OMAHA, Nebraska (WPVI) -- A newly-approved drug is bringing hope to many people dealing with cystic fibrosis.
CF slowly robs patients of their breathing, choking lungs and other organs with thick mucus, killing many in their 30s.
The FDA fast-tracked the drug Trikafta because there have been so few drugs just for CF.
One man says it came just in time.
36-year-old Nicholas Bell has struggled with cystic fibrosis since he was a child, but the impact of the progressive disorder really hit this summer.
"About June or July this year, my doctors pulled my wife and all the nurses into a room and said 'we should start fundraising for a lung transplant," says Bell.
Bell was hoping for a miracle. He says he got it in the drug Trikafta, which was just approved by the FDA in late October.
It works on each cell to treat C-F, blocking the thick mucus that builds up.
"I would say it's the most exciting thing really ever to happen in CF because of the magnitude of change and the number of patients that are affected," says Dr. Peter Murphy, of UNMC and Nebraska Medicine.
Nicholas began taking Trikafta in October.
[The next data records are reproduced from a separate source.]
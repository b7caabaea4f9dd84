-- ===== src/Reputation.antt =====
-- reputation.rs: what is remembered of the sources of content, and the two stores of it.
pub mod Laws
pub mod History
pub mod Escalation
pub mod File
pub mod Tests
use acip_sidecar.Prelude.{
  ℕ, ◌+◌, ◌^◌, ◌%◌, Bool, Option, none, some, List, [], ◌∷◌, ◌++◌, ltb, ◌==◌, if◌then◌else◌,
  saturating_add_u64, unwrap_or,
}
use acip_sidecar.Text.{Text, text}
use acip_sidecar.Assoc.{Assoc, lookup, insert}

pub record ReputationRecord : Type 0 where
  pub key : Text
  pub seen_count : ℕ
  pub suspected_attack_count : ℕ
  pub last_seen_unix : ℕ
  pub last_attack_types : List Text
  pub risk_score : ℕ

pub record Observation : Type 0 where
  pub source_id : Text
  pub host : Option Text
  pub threat_score : ℕ
  pub attack_types : List Text
  pub now_unix : ℕ

-- `ReputationRecord { key, ..Default::default() }`.
abbrev pub fresh : Text → ReputationRecord
fresh key = record {
  key = key;
  seen_count = 0;
  suspected_attack_count = 0;
  last_seen_unix = 0;
  last_attack_types = [];
  risk_score = 0;
}

-- The counters are `u64` and wrap in a release build.
abbrev pub inc_u64 : ℕ → ℕ
inc_u64 n = (n + 1) % 2 ^ 64

-- What `upsert_locked` does to a record of the map.
unfoldable pub observe : Observation → ReputationRecord → ReputationRecord
observe obs rec =
    let seen = record rec { seen_count = inc_u64 rec.seen_count; last_seen_unix = obs.now_unix } in
    if ltb 0 obs.threat_score
    then record seen {
      suspected_attack_count = inc_u64 rec.suspected_attack_count;
      last_attack_types = obs.attack_types;
      risk_score = saturating_add_u64 rec.risk_score obs.threat_score;
    }
    else seen

abbrev pub RepMap : Type 0
RepMap = Assoc ReputationRecord

unfoldable pub upsert_locked : RepMap → Text → Observation → RepMap
unfolding observe
upsert_locked map key obs = insert key (observe obs (unwrap_or (lookup key map) (fresh key))) map

abbrev pub source_key : Observation → Text
source_key obs = text "source_id:" ++ obs.source_id

abbrev pub host_key : Text → Text
host_key host = text "host:" ++ host

-- `map.get(&key).cloned().unwrap()` of a key that was just written.
abbrev pub stored : RepMap → Text → ReputationRecord
stored map key = unwrap_or (lookup key map) (fresh key)

pub record_host : RepMap → Observation → Option Text → RepMap × List ReputationRecord
unfolding upsert_locked
record_host map obs none = (map, [])
record_host map obs (some host) =
    let map' = upsert_locked map (host_key host) obs in (map', stored map' (host_key host) ∷ [])

-- `InMemoryReputationStore::record`: the new map, and the records that were written.
unfoldable pub record_inner : RepMap → Observation → RepMap × List ReputationRecord
unfolding record_host upsert_locked
record_inner map obs =
    let map' = upsert_locked map (source_key obs) obs in
    let (map'', hosts) = record_host map' obs obs.host in
    (map'', stored map' (source_key obs) ∷ hosts)

-- `JsonFileReputationStore::record`, whose persistence is best effort and does not show in the
-- result: the clock replaces an absent time.
unfoldable pub record_file : ℕ → RepMap → Observation → RepMap × List ReputationRecord
unfolding record_inner
record_file now map obs =
    record_inner map (record obs { now_unix = if obs.now_unix == 0 then now else obs.now_unix })

-- `observation`, at the time `now`.
unfoldable pub observation : ℕ → Text → Option Text → ℕ → List Text → Observation
observation now source_id host threat_score attack_types = record {
  source_id = source_id;
  host = host;
  threat_score = threat_score;
  attack_types = attack_types;
  now_unix = now;
}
"The changes that I experienced from the beginning of the drug, just two weeks in were - overnight. I mean - I literally felt it within hours," says Bell.
His lung function jumped 19 percent in two months.
He's coughing less, taking deeper breaths, and can now jog on a treadmill.
"It's like I've got this new car and I want to go drive it all the time, except it's my body and I'm able to do these things that I once did before and lost the ability to do," he says.
About 90% of CF patients can take Trikafta.
It's not approved for children under the age of 12, because it's safety and effectiveness haven't been tested in them yet.
Doctors hope it will eventually be approved for children, to prevent the lung damage which accumulates over years of the disease.